I’d rather watch fireflies than fireworks

pressing against the dark. “They’re vicious beasts,”

Dad says: “All they do is have sex and eat

their prey by the light they make. There’s the first 

one now!” I look watching it glowing go

out quickly back into the dusk again 

flickering up the wood going off and on.

It disappears then shows the arbor’s post.

The sky has its stars, the earth its fireflies

that come to give us light as the light dies.
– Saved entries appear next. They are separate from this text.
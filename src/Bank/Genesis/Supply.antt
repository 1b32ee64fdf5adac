-- ===== src/Bank/Genesis/Supply.antt =====
-- The supply that the genesis of the bank adds up.
use doge_sdk.Base.{
  ℕ, ◌+◌, ◌^◌, ◌≡◌, sym, ap, ◌⊎◌, inl, inr, Bool-cases, true, false, List, [], ◌∷◌, ◌++◌, ltb, All,
  arith, if◌then◌else◌,
}
use std.Path.{subst}
use doge_sdk.Base.Bytes.{Bytes, eq_bytes, eq_of_cmp}
use doge_sdk.Trees.Outcome.{ok, bind-eq-ok, ok-injective, ◌>>=◌}
use doge_sdk.Store.KvStore.{KvStore}
use doge_sdk.Bank.Coin.{Coin}
use doge_sdk.Bank.Keeper.{CoinCodec, write_balance}
use doge_sdk.Bank.Genesis.{Balance, add_total, set_coins, set_balances}

-- The amounts of a denomination, together.
abbrev pub sum_of : Bytes → List Coin → ℕ
sum_of denom [] = 0
sum_of denom (coin ∷ coins) =
    (if eq_bytes denom coin.denom then coin.amount else 0) + sum_of denom coins

-- All coins of the balances.
abbrev pub all_coins : List Balance → List Coin
all_coins [] = []
all_coins (balance ∷ balances) = balance.coins ++ all_coins balances

sum_of-append :
    (denom : Bytes) (xs ys : List Coin)
    → sum_of denom (xs ++ ys) ≡ sum_of denom xs + sum_of denom ys
sum_of-append denom [] ys = omega arith
sum_of-append denom (x ∷ xs) ys = ground (arith, sum_of-append denom xs ys)

same_denom : (a b : Bytes) → eq_bytes a b ≡ true → a ≡ b
same_denom a b h = eq_of_cmp a b (ground (arith, h))

-- Every denomination stands in the list once.
abbrev pub IsOnce : List Coin → Type 0
IsOnce [] = Unit
IsOnce (coin ∷ coins) = All (λ e. eq_bytes e.denom coin.denom ≡ false) coins × IsOnce coins

-- The totals of a list grow by the amount of a coin.
abbrev pub Adds : Bytes → List Coin → List Coin → List Coin → Type 0
Adds denom totals coins totals' = sum_of denom totals' ≡ sum_of denom totals + sum_of denom coins

-- A coin meets the total of its denomination, or another one.
add_total-cases :
    (total : Coin) (totals totals' : List Coin) (coin : Coin)
    → add_total (total ∷ totals) coin ≡ ok totals'
    → ((eq_bytes coin.denom total.denom ≡ true)
        × (totals' ≡ record { denom = total.denom; amount = coin.amount + total.amount } ∷ totals))
      ⊎ ((eq_bytes coin.denom total.denom ≡ false)
          × (ts : List Coin) × (add_total totals coin ≡ ok ts)
          × (totals' ≡ total ∷ ts))
unfolding add_total
add_total-cases total totals totals' coin h = elim (Bool-cases (eq_bytes coin.denom total.denom)) [
  | inr k ↦
      let h' : (add_total totals coin >>= λ ts. ok (total ∷ ts)) ≡ ok totals' =
        ground (arith, h, k) in
      let (ts, e, h1) = bind-eq-ok (add_total totals coin) (λ ts. ok (total ∷ ts)) h' in
      inr (k, ts, e, sym (ok-injective h1))
  | inl k ↦ elim (Bool-cases (ltb (coin.amount + total.amount) (2 ^ 256))) [
    | inr l ↦ absurd (ground (arith, h, k, l))
    | inl l ↦ inl (k, ground (arith, h, k, l))
  ]
]

add_total-Adds :
    (denom : Bytes) (totals totals' : List Coin) (coin : Coin)
    → add_total totals coin ≡ ok totals'
    → Adds denom totals (coin ∷ []) totals'
unfolding add_total
add_total-Adds denom [] totals' coin h =
    subst (λ ts. Adds denom [] (coin ∷ []) ts) (ok-injective h) (omega arith)
add_total-Adds denom (total ∷ totals) totals' coin h =
    elim (add_total-cases total totals totals' coin h) [
      | inl (k, same) ↦
          let own : eq_bytes denom coin.denom ≡ eq_bytes denom total.denom =
            ap (eq_bytes denom) (same_denom coin.denom total.denom k) in
          subst (λ ts. Adds denom (total ∷ totals) (coin ∷ []) ts) (sym same) (ground (arith, own))
      | inr (k, ts, e, same) ↦
          subst (λ ts. Adds denom (total ∷ totals) (coin ∷ []) ts) (sym same)
            (ground (arith, add_total-Adds denom totals ts coin e))
    ]

add_total-All :
    (denom : Bytes) (totals totals' : List Coin) (coin : Coin)
    → add_total totals coin ≡ ok totals'
    → eq_bytes coin.denom denom ≡ false
    → All (λ e. eq_bytes e.denom denom ≡ false) totals
    → All (λ e. eq_bytes e.denom denom ≡ false) totals'
unfolding add_total
add_total-All denom [] totals' coin h c a =
    subst (All (λ e. eq_bytes e.denom denom ≡ false)) (ok-injective h) (c, tt)
add_total-All denom (total ∷ totals) totals' coin h c a =
    elim (add_total-cases total totals totals' coin h) [
      | inl (k, same) ↦ subst (All (λ e. eq_bytes e.denom denom ≡ false)) (sym same) (a.0, a.1)
      | inr (k, ts, e, same) ↦
          subst (All (λ e. eq_bytes e.denom denom ≡ false)) (sym same)
            (a.0, add_total-All denom totals ts coin e c a.1)
    ]

add_total-IsOnce :
    (totals totals' : List Coin) (coin : Coin)
    → add_total totals coin ≡ ok totals'
    → IsOnce totals
    → IsOnce totals'
unfolding add_total
add_total-IsOnce [] totals' coin h o = subst IsOnce (ok-injective h) (tt, tt)
add_total-IsOnce (total ∷ totals) totals' coin h o =
    elim (add_total-cases total totals totals' coin h) [
      | inl (k, same) ↦ subst IsOnce (sym same) (o.0, o.1)
      | inr (k, ts, e, same) ↦
          subst IsOnce (sym same) (
            add_total-All total.denom totals ts coin e k o.0,
            add_total-IsOnce totals ts coin e o.1,
          )
    ]

module _ {S : Type 0} ⦃c : CoinCodec⦄ where
  set_coins-totals :
      (s s' : KvStore S) (totals totals' : List Coin) (address : Bytes) (coins : List Coin)
      → set_coins s totals address coins ≡ ok (s', totals')
      → IsOnce totals
      → ((denom : Bytes) → Adds denom totals coins totals') × IsOnce totals'
  unfolding set_coins
  set_coins-totals s s' totals totals' address [] h o =
      subst
        (λ (q : KvStore S × List Coin). ((denom : Bytes) → Adds denom totals [] q.1) × IsOnce q.1)
        (ok-injective h) (λ denom. omega arith, o)
  set_coins-totals s s' totals totals' address (coin ∷ coins) h o =
      let (s1, e, h1) =
        bind-eq-ok (write_balance s address coin.denom coin)
          (λ s1. add_total totals coin >>= λ totals1. set_coins s1 totals1 address coins) h in
      let (totals1, e1, h2) =
        bind-eq-ok (add_total totals coin) (λ totals1. set_coins s1 totals1 address coins) h1 in
      let (rest, once) =
        set_coins-totals s1 s' totals1 totals' address coins h2
          (add_total-IsOnce totals totals1 coin e1 o) in
      (λ denom. ground (arith, rest denom, add_total-Adds denom totals totals1 coin e1), once)

  set_balances-totals :
      (s s' : KvStore S) (totals totals' : List Coin) (balances : List Balance)
      → set_balances s totals balances ≡ ok (s', totals')
      → IsOnce totals
      → ((denom : Bytes) → Adds denom totals (all_coins balances) totals') × IsOnce totals'
  unfolding set_balances
  set_balances-totals s s' totals totals' [] h o =
      subst
        (λ (q : KvStore S × List Coin). ((denom : Bytes) → Adds denom totals [] q.1) × IsOnce q.1)
        (ok-injective h) (λ denom. omega arith, o)
  set_balances-totals s s' totals totals' (balance ∷ balances) h o =
      let ((s1, totals1), e, h1) =
        bind-eq-ok (set_coins s totals balance.address balance.coins) _ h in
      let (own, once) = set_coins-totals s s1 totals totals1 balance.address balance.coins e o in
      let (rest, once') = set_balances-totals s1 s' totals1 totals' balances h1 once in
      (
        λ denom.
            ground (
              arith,
              own denom,
              rest denom,
              sum_of-append denom balance.coins (all_coins balances),
            ),
        once',
      )

  -- The supply that the genesis of the bank adds up holds, if it returns, every denomination once,
  -- with the sum of all amounts of it in the balances.
  pub set_balances-supply :
      (s s' : KvStore S) (totals : List Coin) (balances : List Balance)
      → set_balances s [] balances ≡ ok (s', totals)
      → ((denom : Bytes) → sum_of denom totals ≡ sum_of denom (all_coins balances)) × IsOnce totals
  set_balances-supply s s' totals balances h =
      let (adds, once) = set_balances-totals s s' [] totals balances h tt in
      (λ denom. ground (arith, adds denom), once)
On Judgement Day they say that souls will rise

—Stories I’ve heard around a campfire—Eyes

opening with a familiar regard

knowing who I am knowing who they are.

 

 

209

 

I learned that Michael Jackson died from the

newspaper left at my hotel door in

Inverness though on first seeing his face

I thought it was about the concert soon

to take place in London. Back in New York

I teach a class next to the Apollo

and have to push my way through crowds that come

to pay their respects writing on the wall

there. I see not only Americans

but Chinese holding pens, French, Arabic

and Spanish that’s been written. All drawn here

hear a universal chord, a boy who jumped

for joy. Some say he wasn’t a poet

but it wasn’t about the words, was it?

 

 

210

 

So far this morning there’ve been lesbians

saddling up their horses, a gold tiny

feather that had fallen, and a sunny

bunny close enough to see the dark veins

run thin and red through its pearlescent ears

before it hopped away. The lesbians

are coming through the trees. I imagine

them bare-breasted about to appear

in a chorus of birds. I am so glad

I’m here. This mountainside is freeing

me from ambition’s leash and worrying.

It’s the milkweed I think. Last year, a sad

year I thought it was no longer here

but I see bees and blossoms everywhere.